In this study, one of the most significant problems related to predicting ultimate pile bearing capacity of deep foundations has been solved with the aid of in situ field CPT and PLT results through utilizing new developed AI models. An experimental database was collected from existing literature review including cone penetration test (CPT) and pile loading tests (PLT) results were applied for constructing and developing different AI models. Two new hybrid AI methods (FPNN–GMDH, ANFIS–GMDH–PSO) were developed simultaneously with applying ANN model for comparing and validating best-fitted predictive model among developed ones in terms of the degree of accuracy and performance indices based on standard statistical parameters. According to the derived modeling results for different mentioned AI models, the following conclusions would present:

  • Based on results derived from two different hybrid neural models under consideration, it was concluded that model based on optimized ANFIS–GMDH–PSO network model shown better performance than FPNN–GMDH and also ANN models due to having lowest value of RMSE and highest value of R. It observed that two developed models could employ as a form of new hybrid soft computing tool which showing acceptable degree of precision in the field of geotechnical engineering problems. In this respect, the new alternative approaches possibly could substitute instead of using in situ field experimental tests and semi-empirical regression based-equations methods related to ultimate pile bearing capacity assessment that lead to high cost-time consuming, unreliability and uncertainty in case of complicated executive conditions.

  • It can be concluded to extend furthermore improving the hybrid structure network while developing hybrid ANFIS–GMDH by applying other intelligent meta-heuristics optimization technique such as GA, and imperialism competitive algorithms for future investigation.

  • For simplicity reason, in constructing of structure network with lower complex structure, both ANFIS-GMD-PSO and FPNN–GMDH topology have been created based on assumed setting parameters by the user that leads to algorithm running time as faster as possible in MATLAB programming language.

  • Statistical indices such as R, MSE, RMSE, and Error StD were used as model structure evaluation criterion associated with the various models developed.
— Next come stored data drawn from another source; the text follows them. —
-- ===== src/Player.antt =====
-- `MediaPlayer` of discord/ext/native_voice/player.py: its statistics, its pacing, and the rounds of
-- its loop that send video. Times are microseconds of the monotonic clock; what a source and the
-- client answer is an argument, and so is each reading of the clock.
pub mod Pacing
mod Tests
use discord_native_voice.Prelude.{
  ℕ, zero, suc, ◌+◌, ◌-◌, ◌*◌, ◌/◌, ◌%◌, ◌≤◌, ◌<◌, min, max, ◌≡◌, refl, Bool, true, false, not,
  ◌||◌, ◌&&◌, Option, none, some, List, [], ◌∷◌, ◌++◌, length, drop, get_elem?, ltb, leb, nat_eq,
  is_empty, if◌then◌else◌,
}

-- The counters of the player. `intervals` is a deque of at most 2048 samples.
pub record PlayerStats : Type 0 where
  pub audio_frames_sent : ℕ
  pub audio_send_total : ℕ
  pub audio_send_max : ℕ
  pub video_frame_batches_sent : ℕ
  pub video_frames_sent : ℕ
  pub video_packets_sent : ℕ
  pub video_send_total : ℕ
  pub video_send_max : ℕ
  pub last_video_send_started_at : Option ℕ
  pub intervals : List ℕ
  pub late_video_frames : ℕ
  pub max_video_late : ℕ
  pub sleep_count : ℕ
  pub sleep_total : ℕ
  pub sleep_max : ℕ

abbrev pub interval_limit : ℕ
interval_limit = 2048

-- `_record_audio_send`
unfoldable pub record_audio_send : ℕ → PlayerStats → PlayerStats
record_audio_send elapsed s = record s {
  audio_frames_sent = s.audio_frames_sent + 1;
  audio_send_total = s.audio_send_total + elapsed;
  audio_send_max = max s.audio_send_max elapsed;
}

-- `deque(maxlen=2048).append`
abbrev pub append_limited : ℕ → List ℕ → List ℕ
append_limited n samples =
    let longer = samples ++ (n ∷ []) in drop (length longer - interval_limit) longer

-- The samples after a send; none is added if the clock went back
abbrev pub add_interval : ℕ → Option ℕ → List ℕ → List ℕ
add_interval started_at none samples = samples
add_interval started_at (some before) samples =
    if leb before started_at then append_limited (started_at - before) samples else samples

-- `_record_video_send`
unfoldable pub record_video_send : ℕ → ℕ → ℕ → ℕ → PlayerStats → PlayerStats
record_video_send started_at elapsed frames packets s = record s {
  intervals = add_interval started_at s.last_video_send_started_at s.intervals;
  last_video_send_started_at = some started_at;
  video_frame_batches_sent = s.video_frame_batches_sent + 1;
  video_frames_sent = s.video_frames_sent + frames;
  video_packets_sent = s.video_packets_sent + packets;
  video_send_total = s.video_send_total + elapsed;
  video_send_max = max s.video_send_max elapsed;
}

-- `_record_video_late`: less than a millisecond does not count
unfoldable pub record_video_late : ℕ → PlayerStats → PlayerStats
record_video_late elapsed s = if ltb elapsed 1000 then s else record s {
  late_video_frames = s.late_video_frames + 1;
  max_video_late = max s.max_video_late elapsed;
}

-- `_sleep`, of a measured length
unfoldable pub record_sleep : ℕ → PlayerStats → PlayerStats
record_sleep elapsed s = record s {
  sleep_count = s.sleep_count + 1;
  sleep_total = s.sleep_total + elapsed;
  sleep_max = max s.sleep_max elapsed;
}

-- `sorted(samples)`
unfoldable pub insert : ℕ → List ℕ → List ℕ
insert n [] = n ∷ []
insert n (m ∷ ms) = if leb n m then n ∷ m ∷ ms else m ∷ insert n ms

unfoldable pub sorted : List ℕ → List ℕ
unfolding insert
sorted [] = []
sorted (n ∷ ns) = insert n (sorted ns)

abbrev pub elem_or : Option ℕ → ℕ
elem_or none = 0
elem_or (some n) = n

-- `_video_send_interval_p95_ms`
unfoldable pub video_send_interval_p95 : List ℕ → ℕ
unfolding sorted
video_send_interval_p95 samples =
    let ordered = sorted samples in
    elem_or (get_elem? ordered (min (length ordered - 1) ((length ordered - 1) * 95 / 100)))

-- `_next_video_time`, at a reading of the clock; a frame lasts a microsecond or more
unfoldable pub next_video_time : Bool → ℕ → ℕ → ℕ → ℕ
next_video_time realtime now next_video frame_time =
    let target = next_video + frame_time in
    if realtime
    then (if leb now target
        then target
        else if ltb (frame_time * 2) (now - target)
        then now + frame_time
        else target + ((now - target) / frame_time + 1) * frame_time)
    else if ltb frame_time (now - target)
    then now
    else target

-- `_video_retry_delay` of a source that gives a number
unfoldable pub video_retry_delay : Option ℕ → ℕ
video_retry_delay none = 20_000
video_retry_delay (some delay) = max 1000 (min delay 20_000)

-- `_video_catchup_frames`, with nothing for a value that is no number
abbrev pub catchup_of : Option ℕ → ℕ
catchup_of none = 4
catchup_of (some frames) = max 1 (min frames 16)

unfoldable pub video_catchup_frames : Bool → Option ℕ → ℕ
video_catchup_frames realtime frames = if not realtime then 1 else catchup_of frames

-- What a round of the video loop reads: the clock, whether the transport has started, the player has
-- been stopped, there are streams, keyframes have been sent again; the frames' durations, nothing at
-- the end of the source; the number of packets sent; the clock around the sending and after it.
pub record VideoRound : Type 0 where
  pub now : ℕ
  pub transport_started : Bool
  pub ended : Bool
  pub has_streams : Bool
  pub keyframes_sent : Bool
  pub frames : Option (List ℕ)
  pub packets : ℕ
  pub send_started : ℕ
  pub send_ended : ℕ
  pub after : ℕ

-- `video_realtime`, `video_config.fps`, `video_retry_delay` and `video_catchup_frames` of a source
pub record VideoSettings : Type 0 where
  pub realtime : Bool
  pub fps : Option ℕ
  pub retry_delay : Option ℕ
  pub catchup_frames : Option ℕ

pub record VideoState : Type 0 where
  pub next_video : ℕ
  pub video_done : Bool
  pub stopped : Bool
  pub stats : PlayerStats

-- 1 second divided by `max(1, fps)`, in whole microseconds
abbrev pub frame_time_of : ℕ → ℕ
frame_time_of fps = 1_000_000 / max 1 fps

abbrev pub config_frame_time : Option ℕ → ℕ
config_frame_time none = 20_000
config_frame_time (some fps) = frame_time_of fps

abbrev pub largest : List ℕ → ℕ
largest [] = 0
largest (n ∷ ns) = max n (largest ns)

-- `_video_pacing_time`
abbrev pub pacing_of : Bool → Option ℕ → List ℕ → ℕ
pacing_of true (some fps) frames = frame_time_of fps
pacing_of _ _ frames = max 1 (largest frames)

unfoldable pub video_pacing_time : VideoSettings → List ℕ → ℕ
video_pacing_time settings frames = pacing_of settings.realtime settings.fps frames

abbrev pub later : ℕ → VideoState → VideoState
later next_video v = record v { next_video = next_video }

-- A round that reaches the source's frames: whether the loop goes on, and the state
unfoldable pub send_frames :
    VideoSettings → VideoRound → Option (List ℕ) → VideoState → Bool × VideoState
unfolding record_video_send next_video_time video_pacing_time video_retry_delay
send_frames settings round none v = (false, record v { video_done = true })
send_frames settings round (some []) v =
    (false, later (round.after + video_retry_delay settings.retry_delay) v)
send_frames settings round (some (frame ∷ frames)) v = (
  true,
  record v {
    stats =
        record_video_send round.send_started (round.send_ended - round.send_started)
          (length (frame ∷ frames)) round.packets v.stats;
    next_video =
        next_video_time settings.realtime round.after v.next_video
          (video_pacing_time settings (frame ∷ frames));
  },
)

-- A round that is due
unfoldable pub due_round : VideoSettings → VideoRound → VideoState → Bool × VideoState
unfolding send_frames next_video_time
due_round settings round v =
    if not round.transport_started
    then (false, later (round.after + 20_000) v)
    else if round.ended
    then (false, record v { stopped = true })
    else if not round.has_streams
    then (false, later (round.after + 20_000) v)
    else if round.keyframes_sent
    then (
      false,
      later
          (next_video_time settings.realtime round.after v.next_video
            (config_frame_time settings.fps))
          v,
    )
    else send_frames settings round round.frames v

-- A round of the loop `for index in range(...)`; `audio_due` is the time of the next audio frame
abbrev pub audio_is_due : Option ℕ → ℕ → Bool
audio_is_due none now = false
audio_is_due (some due) now = leb due now

unfoldable pub video_round :
    VideoSettings → Option ℕ → ℕ → VideoRound → VideoState → Bool × VideoState
unfolding due_round record_video_late
video_round settings audio_due index round v =
    if ltb round.now v.next_video
    then (false, v)
    else if ltb 0 index && audio_is_due audio_due round.now
    then (false, v)
    else if ltb v.next_video round.now
    then due_round settings round
        (record v { stats = record_video_late (round.now - v.next_video) v.stats })
    else due_round settings round v

-- The loop, on the rounds that it would read; it takes `count` of them at most
unfoldable pub video_rounds :
    VideoSettings → Option ℕ → ℕ → ℕ → List VideoRound → VideoState → VideoState
unfolding video_round
video_rounds settings audio_due zero index rounds v = v
video_rounds settings audio_due (suc count) index [] v = v
video_rounds settings audio_due (suc count) index (round ∷ rounds) v =
    let result = video_round settings audio_due index round v in
    let rest = video_rounds settings audio_due count (index + 1) rounds result.1 in
    if result.0 then rest else result.1

-- The video part of a turn of `_do_run`, at a reading of the clock
unfoldable pub video_turn : VideoSettings → Option ℕ → ℕ → List VideoRound → VideoState → VideoState
unfolding video_rounds video_catchup_frames
video_turn settings audio_due now rounds v =
    let count = video_catchup_frames settings.realtime settings.catchup_frames in
    if not v.video_done && leb v.next_video now
    then video_rounds settings audio_due count 0 rounds v
    else v

-- The delay at the end of a turn: the time to what is next, at most 20 ms, or 20 ms if there is
-- nothing to wait for
abbrev pub earliest : Option ℕ → Option ℕ → Option ℕ
earliest none none = none
earliest (some audio) none = some audio
earliest none (some video) = some video
earliest (some audio) (some video) = some (min audio video)

abbrev pub wait_until : ℕ → Option ℕ → ℕ
wait_until now none = 20_000
wait_until now (some wakeup) = wakeup - now

unfoldable pub turn_delay : ℕ → Option ℕ → Option ℕ → ℕ
turn_delay now next_audio next_video = min (wait_until now (earliest next_audio next_video)) 20_000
During the modeling and testing process, it was found that the developed ANFIS–GMDH–PSO model had a relatively high level of accuracy and precision for estimating the bearing capacity of the piles compared to the other developed models so that the predicted values had a relatively high correlation with the measured values. Relative error estimation shows relatively good performance in the hybrid models developed in the test process.